-- ===== src/Mission/Config/Keys.antt =====
-- config.py: the subscripts `w["…"]` stand behind the check of the waypoint's keys.
use patrol_drone.Prelude.{
  ◌&&◌, ◌||◌, ◌∷◌, ◌>>=◌, arith, List, Result, Option, Bool, String, ◌≡◌, ok, or_raise, if_cases,
  err, true, not, some, [], Bool-cases, refl, inl, false≢true, inr, subst, sym, none, false,
}
use patrol_drone.Float.{Float}
use patrol_drone.Mission.Config.Waypoints.{
  from_checkpoint, inline, check_waypoint_keys, WaypointShape, parse_waypoint, inline_waypoint,
  checkpoint_waypoint, waypoint_shape, inline_waypoint_keys, checkpoint_waypoint_keys, parse_shaped,
}
use text.Mathlib.Text.{◌==◌}
use text.Mathlib.TextEquality.{eq_iff}
use patrol_drone.Mission.Config.Yaml.{
  require, coord, require_mapping, number, point, finite, Fields, require_list, Refusal,
  validate_frame, ConfigError, Yaml, refuse_if, within, key_error, refuse, get, not_finite, str,
  value_error, mapping, integer, has, keys, contains, sequence, missing_field, subscript,
  unknown_frame, unknown_key, entry, unknown_checkpoint, real, no_fields, finite_or, overflow_error,
  not_number,
}
use patrol_drone.Mission.Config.Checkpoints.{checkpoint_id, Positions, position_of}
use patrol_drone.Mission.Config.{Approach}

abbrev pub IsKeyError : ConfigError → Type 0
IsKeyError key_error = Unit
IsKeyError _ = ⊥

-- The code does not raise a KeyError.
abbrev pub Spares : {A : Type 0} → Result ConfigError A → Type 0
Spares (ok a) = Unit
Spares (err e) = IsKeyError e → ⊥

Spares-step :
    {A B : Type 0} (m : Result ConfigError A) (f : A → Result ConfigError B)
    → Spares m
    → ((a : A) → m ≡ ok a → Spares (f a))
    → Spares (m >>= f)
Spares-step (ok a) f h k = k a refl
Spares-step (err e) f h k = h

refuse_if-Spares : (b : Bool) (r : Refusal) → Spares (refuse_if b r)
refuse_if-Spares true r = λ h. h
refuse_if-Spares false r = tt

or_raise-Spares : {A : Type 0} (o : Option A) (r : Refusal) → Spares (or_raise o (value_error r))
or_raise-Spares none r = λ h. h
or_raise-Spares (some a) r = tt

contains-within :
    (xs ys : List String) (k : String)
    → within xs ys ≡ true
    → contains xs k ≡ true
    → contains ys k ≡ true
contains-within [] ys k h e = cc
contains-within (x ∷ xs) ys k h e = elim (Bool-cases (k == x)) [
  | inl same ↦
      let eq : k ≡ x = (eq_iff k x).0 same in
      subst (λ z. contains ys z ≡ true) (sym eq) (ground (arith, h))
  | inr new ↦ contains-within xs ys k (ground (arith, h)) (ground (arith, new, e))
]

module _ ⦃fl : Float⦄ where
  open fl use {F, is_finite, of_int, of_text}

  get-contains :
      (fs : Fields) (k : String) → contains (keys fs) k ≡ true → (v : Yaml) × (get k fs ≡ some v)
  get-contains no_fields k h = absurd (false≢true h)
  get-contains (entry x v fs) k h = elim (Bool-cases (k == x)) [
    | inl same ↦ (v, rw same refl)
    | inr new ↦ let (v', e) = get-contains fs k (ground (arith, new, h)) in (v', rw new e)
  ]

  subscript-Spares :
      (w : Fields) (allowed : List String) (k : String)
      → within allowed (keys w) ≡ true
      → contains allowed k ≡ true
      → Spares (subscript w k)
  subscript-Spares w allowed k h e =
      let (v, e') = get-contains w k (contains-within allowed (keys w) k h e) in rw e' tt

  require-Spares : (fs : Fields) (k : String) → Spares (require fs k)
  unfolding require
  require-Spares fs k = or_raise-Spares (get k fs) missing_field

  require_mapping-Spares : (v : Yaml) → Spares (require_mapping v)
  unfolding require_mapping
  require_mapping-Spares (mapping fs) = tt
  require_mapping-Spares _ = λ h. h

  require_list-Spares : (v : Yaml) → Spares (require_list v)
  unfolding require_list
  require_list-Spares (sequence fs) = tt
  require_list-Spares _ = λ h. h

  finite-Spares : (x : F) → Spares (finite x)
  unfolding finite
  finite-Spares x = if_cases Spares (is_finite x) (ok x) (refuse not_finite) (λ _. tt) (λ _ h. h)

  finite_or-Spares : (o : Option F) (e : ConfigError) → (IsKeyError e → ⊥) → Spares (finite_or o e)
  unfolding finite_or
  finite_or-Spares none e h = h
  finite_or-Spares (some x) e h = finite-Spares x

  number-Spares : (v : Yaml) → Spares (number v)
  unfolding number
  number-Spares (integer n) = finite_or-Spares (of_int n) overflow_error (λ h. h)
  number-Spares (str s) = finite_or-Spares (of_text s) (value_error not_number) (λ h. h)
  number-Spares (real x) = finite-Spares x
  number-Spares _ = λ h. h

  validate_frame-Spares : (v : Yaml) → Spares (validate_frame v)
  unfolding validate_frame
  validate_frame-Spares (str s) =
      if_cases Spares (contains ("enu" ∷ "ned" ∷ []) s) (ok s) (refuse unknown_frame) (λ _. tt)
        (λ _ h. h)
  validate_frame-Spares _ = λ h. h

  coord-Spares : (p : Fields) (axis : String) → Spares (coord p axis)
  unfolding coord
  coord-Spares p axis =
      Spares-step (require p axis) number (require-Spares p axis) (λ v _. number-Spares v)

  point-Spares : (v : Yaml) → Spares (point v)
  unfolding point
  point-Spares v = Spares-step (require_mapping v) _ (require_mapping-Spares v) (λ p _.
      Spares-step (coord p "x") _ (coord-Spares p "x") (λ x _.
        Spares-step (coord p "y") _ (coord-Spares p "y")
          (λ y _. Spares-step (coord p "z") _ (coord-Spares p "z") (λ z _. tt))))

  checkpoint_id-Spares : (v : Yaml) → Spares (checkpoint_id v)
  unfolding checkpoint_id
  checkpoint_id-Spares (str s) = tt
  checkpoint_id-Spares _ = λ h. h

  waypoint_shape-Spares : (w : Fields) → Spares (waypoint_shape w)
  unfolding waypoint_shape
  waypoint_shape-Spares w =
      if_cases Spares (has w "checkpoint_id" && (has w "position" || has w "frame")) _ _ (λ _ h. h)
        (λ _.
          if_cases Spares (has w "checkpoint_id") _ _ (λ _. tt)
            (λ _. if_cases Spares (has w "position" || has w "frame") _ _ (λ _. tt) (λ _ h. h)))

  check_waypoint_keys-Spares :
      (w : Fields) (allowed : List String) → Spares (check_waypoint_keys w allowed)
  unfolding check_waypoint_keys
  check_waypoint_keys-Spares w allowed =
      Spares-step (refuse_if (not (within allowed (keys w))) missing_field) _
        (refuse_if-Spares _ missing_field)
        (λ _ _. refuse_if-Spares (not (within (keys w) allowed)) unknown_key)

  check_waypoint_keys-within :
      (w : Fields) (allowed : List String)
      → check_waypoint_keys w allowed ≡ ok tt
      → within allowed (keys w) ≡ true
  unfolding check_waypoint_keys
  check_waypoint_keys-within w allowed h = ground (arith, h)

  checkpoint_waypoint-Spares :
      (w : Fields) (ps : Positions) (a : Approach)
      → within checkpoint_waypoint_keys (keys w) ≡ true
      → Spares (checkpoint_waypoint w ps a)
  unfolding checkpoint_waypoint
  checkpoint_waypoint-Spares w ps a h =
      Spares-step (subscript w "checkpoint_id") _
        (subscript-Spares w checkpoint_waypoint_keys "checkpoint_id" h refl)
        (λ id _. Spares-step (checkpoint_id id) _ (checkpoint_id-Spares id) (λ cid _.
          Spares-step (or_raise (position_of ps cid) (value_error unknown_checkpoint)) _
            (or_raise-Spares (position_of ps cid) unknown_checkpoint)
            (λ tag _.
              Spares-step (subscript w "dwell_s") _
                (subscript-Spares w checkpoint_waypoint_keys "dwell_s" h refl)
                (λ d _. Spares-step (number d) _ (number-Spares d) (λ _ _. tt)))))

  inline_waypoint-Spares :
      (w : Fields) → within inline_waypoint_keys (keys w) ≡ true → Spares (inline_waypoint w)
  unfolding inline_waypoint
  inline_waypoint-Spares w h =
      Spares-step (subscript w "frame") _ (subscript-Spares w inline_waypoint_keys "frame" h refl)
        (λ f _. Spares-step (validate_frame f) _ (validate_frame-Spares f) (λ frame _.
          Spares-step (subscript w "position") _
            (subscript-Spares w inline_waypoint_keys "position" h refl)
            (λ p _. Spares-step (point p) _ (point-Spares p) (λ _ _.
              Spares-step (subscript w "dwell_s") _
                (subscript-Spares w inline_waypoint_keys "dwell_s" h refl)
                (λ d _. Spares-step (number d) _ (number-Spares d) (λ _ _. tt))))))

  parse_shaped-Spares :
      (s : WaypointShape) (w : Fields) (ps : Positions) (a : Approach)
      → Spares (parse_shaped s w ps a)
  parse_shaped-Spares from_checkpoint w ps a =
      Spares-step (check_waypoint_keys w checkpoint_waypoint_keys) _
        (check_waypoint_keys-Spares w checkpoint_waypoint_keys)
        (λ _ e.
          checkpoint_waypoint-Spares w ps a
            (check_waypoint_keys-within w checkpoint_waypoint_keys e))
  parse_shaped-Spares inline w ps a =
      Spares-step (check_waypoint_keys w inline_waypoint_keys) _
        (check_waypoint_keys-Spares w inline_waypoint_keys)
        (λ _ e. inline_waypoint-Spares w (check_waypoint_keys-within w inline_waypoint_keys e))

  -- Whatever a waypoint of the file holds, its parsing does not raise a KeyError: every key that is
  -- subscripted has been checked to be there.
  pub parse_waypoint-Spares :
      (w : Fields) (ps : Positions) (a : Approach) → Spares (parse_waypoint w ps a)
  unfolding parse_waypoint
  parse_waypoint-Spares w ps a =
      Spares-step (waypoint_shape w) _ (waypoint_shape-Spares w)
        (λ s _. parse_shaped-Spares s w ps a)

- - - -

[Aim of the exercise] Your answer should consist of every line from the entries that holds "Positions".

[Solution for this problem]
use patrol_drone.Mission.Config.Checkpoints.{checkpoint_id, Positions, position_of}
      (w : Fields) (ps : Positions) (a : Approach)
      (s : WaypointShape) (w : Fields) (ps : Positions) (a : Approach)
      (w : Fields) (ps : Positions) (a : Approach) → Spares (parse_waypoint w ps a)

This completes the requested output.